ETA: Storytelling, musicmaking, dancing, holidays, and the like are universal human preoccupations. So while there the Yekhuana may not have TV, it's not like there is nothing analagous for them to do after dark. It is hard for me to believe that human life in ANY context has EVER been simple.

I love your multi-page contribution eminer!

I'm not sure if your portion about a "simple life" is about my post or not, but I will respond as I believe it is, though I know other mamas have touched on the same issue?

It seems like you may be saying there is no such thing as simplicity so a child can not possibly need a simple environment? If I misunderstand my apologies.

If you are saying as much, I respectfully disagree.

I believe that dancing, music, storytelling are not overwhelming to most children as they are natural parts of humanity. *We have evolved to accept this type of stimuli IMHO.*

So, as I said - I do think that some kids/people do need more _simplicity_ in terms of _modern_ stimulation. Listening to music does not overwhem me "depending upon the type of music"









And, my child is/was prone to overstimulation always, and there isn't any one who can convince me otherwise.







*My child also responds very differently depending upon her environment.* Obviously we all do or camping would not be an enjoyable passtime.

I observed my dd at school (as I volunteered) and she was a very different child than she is at home. For example she doesn't cover her ears and hide under tables at home KWIM? As sunmama said, school is not a natural environment. At home there are not hundreds of kids screaming, bells ringing and rules that we not talk and sit still.

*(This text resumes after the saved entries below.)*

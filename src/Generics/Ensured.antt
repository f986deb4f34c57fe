-- ===== src/Generics/Ensured.antt =====
-- What `ensureType` (Compiler/generics.cpp) leaves as it is.
use noe_code.Prelude.{
  ℕ, zero, suc, ◌≡◌, refl, sym, ap, ◌∙◌, inl, inr, List, [], ◌∷◌, ◌++◌, none, some, Text, length,
  find_text, ◌==◌, Bool-cases, Option-cases,
}
use mathlib.Core.List.{append-nil, append_assoc}
use noe_code.Ast.{Diagnostic, RecordField}
use noe_code.Generics.Mangle.{GenericApplication, mangle_generic, parse_mangled_generic}
use noe_code.Generics.Bind.{Bindings, bind_all}
use noe_code.Generics.Substitute.{substitute}
use noe_code.Generics.State.{
  Monomorphizer, Template, exhaust, contains_text, arity_report, inner_type, ensure_all,
  instance_fields, ensure_instance, ensure_in, ensure_type,
}

-- The second list is the first with more behind it.
abbrev pub Appended {ℓ} : {A : Type ℓ} → List A → List A → Type ℓ
Appended {A} xs ys = (zs : List A) × (ys ≡ xs ++ zs)

pub Appended-refl {ℓ} : {A : Type ℓ} (xs : List A) → Appended xs xs
Appended-refl xs = ([], sym (append-nil xs))

pub Appended-trans {ℓ} :
    {A : Type ℓ} (xs ys zs : List A) → Appended xs ys → Appended ys zs → Appended xs zs
Appended-trans xs ys zs (us, p) (vs, q) =
    (us ++ vs, q ∙ (ap (λ l. l ++ vs) p ∙ append_assoc xs us vs))

-- The functions and their instances stay, and no diagnostic is lost.
pub record IsEnsured (m n : Monomorphizer) : Type 0 where
  pub functions : n.functions ≡ m.functions
  pub cache : n.cache ≡ m.cache
  pub instances : n.instances ≡ m.instances
  pub reports : Appended m.diagnostics n.diagnostics

pub IsEnsured-refl : (m : Monomorphizer) → IsEnsured m m
IsEnsured-refl m = record {
  functions = refl;
  cache = refl;
  instances = refl;
  reports = Appended-refl m.diagnostics;
}

pub IsEnsured-trans : {m n k : Monomorphizer} → IsEnsured m n → IsEnsured n k → IsEnsured m k
IsEnsured-trans {m} {n} {k} p q = record {
  functions = q.functions ∙ p.functions;
  cache = q.cache ∙ p.cache;
  instances = q.instances ∙ p.instances;
  reports = Appended-trans m.diagnostics n.diagnostics k.diagnostics p.reports q.reports;
}

-- A walk that only ensures types.
abbrev pub Ensures : (Text → Monomorphizer → Monomorphizer) → Type 0
Ensures ensure = (t : Text) (m : Monomorphizer) → IsEnsured m (ensure t m)

ensure_all-IsEnsured :
    (ensure : Text → Monomorphizer → Monomorphizer)
    → Ensures ensure
    → (ts : List Text) (m : Monomorphizer) → IsEnsured m (ensure_all ensure ts m)
unfolding ensure_all
ensure_all-IsEnsured ensure h [] m = IsEnsured-refl m
ensure_all-IsEnsured ensure h (t ∷ ts) m =
    IsEnsured-trans (h t m) (ensure_all-IsEnsured ensure h ts (ensure t m))

instance_fields-IsEnsured :
    (ensure : Text → Monomorphizer → Monomorphizer)
    → Ensures ensure
    → (b : Bindings) (fs : List RecordField) (m : Monomorphizer)
    → IsEnsured m (instance_fields ensure b fs m).1
unfolding instance_fields
instance_fields-IsEnsured ensure h b [] m = IsEnsured-refl m
instance_fields-IsEnsured ensure h b (f ∷ fs) m =
    IsEnsured-trans (h (substitute f.type_name b) m)
      (instance_fields-IsEnsured ensure h b fs (ensure (substitute f.type_name b) m))

arity_report-Appended :
    (app : GenericApplication) (t : Template) (items : List Diagnostic)
    → Appended items (arity_report app t items)
unfolding arity_report
arity_report-Appended app t items = (_, refl)

ensure_instance-IsEnsured :
    (ensure : Text → Monomorphizer → Monomorphizer)
    → Ensures ensure
    → (app : GenericApplication) (t : Template) (m : Monomorphizer)
    → IsEnsured m (ensure_instance ensure app t m)
unfolding ensure_instance
ensure_instance-IsEnsured ensure h app t m =
    let key = mangle_generic app.base app.args in
    let cached : Monomorphizer = record m { record_cache = key ∷ m.record_cache } in
    let r =
      instance_fields-IsEnsured ensure h (bind_all t.params app.args []) t.decl.fields cached in
    elim (Bool-cases (contains_text m.record_cache key)) [
      | inl e ↦ rw (e, ensure_instance) (IsEnsured-refl m)
      | inr e ↦ elim (Bool-cases (length t.params == length app.args)) [
        | inl f ↦
            rw (e, f, ensure_instance)
              (record {
                functions = r.functions;
                cache = r.cache;
                instances = r.instances;
                reports = r.reports;
              })
        | inr f ↦
            rw (e, f, ensure_instance)
              (record {
                functions = refl;
                cache = refl;
                instances = refl;
                reports = arity_report-Appended app t m.diagnostics;
              })
      ]
    ]

ensure_in-IsEnsured :
    (deeper : Text → Monomorphizer → Monomorphizer)
    → Ensures deeper
    → (k : ℕ) → Ensures (ensure_in deeper k)
unfolding ensure_in exhaust
ensure_in-IsEnsured deeper h zero t m = record {
  functions = refl;
  cache = refl;
  instances = refl;
  reports = Appended-refl m.diagnostics;
}
ensure_in-IsEnsured deeper h (suc k) t m = elim (Option-cases (inner_type t)) [
  | inr (some u, e) ↦ rw (e, ensure_in) (ensure_in-IsEnsured deeper h k u m)
  | inr (none, e) ↦ rw (e, ensure_in) (IsEnsured-refl m)
  | inl e ↦ elim (Option-cases (parse_mangled_generic t)) [
    | inl f ↦ rw (e, f, ensure_in) (IsEnsured-refl m)
    | inr (app, f) ↦
        let args =
          ensure_all-IsEnsured (ensure_in deeper k) (ensure_in-IsEnsured deeper h k) app.args m in
        elim (Option-cases (find_text m.templates app.base)) [
          | inl g ↦ rw (e, f, g, ensure_in) args
          | inr (templ, g) ↦
              rw (e, f, g, ensure_in)
                (IsEnsured-trans args (ensure_instance-IsEnsured deeper h app templ _))
        ]
  ]
]

pub ensure_type-Ensures : (f : ℕ) → Ensures (ensure_type f)
unfolding ensure_type exhaust
ensure_type-Ensures zero t m =
    ensure_in-IsEnsured (λ u n. exhaust n)
      (λ u n. record {
        functions = refl;
        cache = refl;
        instances = refl;
        reports = Appended-refl n.diagnostics;
      })
      (suc (length t)) t m
ensure_type-Ensures (suc f) t m =
    ensure_in-IsEnsured (ensure_type f) (ensure_type-Ensures f) (suc (length t)) t m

Here is an article that illustrates what I'm saying to a certain extent:

http://www.schoolzone.co.uk/resource...edesigning.asp

_We listened in awe at her descriptions of new schools in New Zealand where the environments had been designed for children. There were "soft" areas, areas with different temperatures, a drinking area in every classroom, fruit available for a snack at any time, ventilation and light sensitive to the weather. In short, the whole environment was dedicated to promoting feelings of well-being and therefore motivation to learn and focus.
...
We live in a society that often seems to value high levels of stimulation. This can lead to confusion, tiredness and lack of clarity. There is too much to take in and this affects our thinking. Think of a store or display that has this effect on you. This is also the case in classrooms and particularly so for children still learning to focus and discriminate. We need to think how to best facilitate these skills by the environments we offer._

I'm not personally entirely privy to the continuim concept, as I felt the claims that a child that never cries if one does XYZ, were not very realistic? Perhaps in a tribal "outdoor" setting this is possible? Or perhaps I misunderstood the claims of the book.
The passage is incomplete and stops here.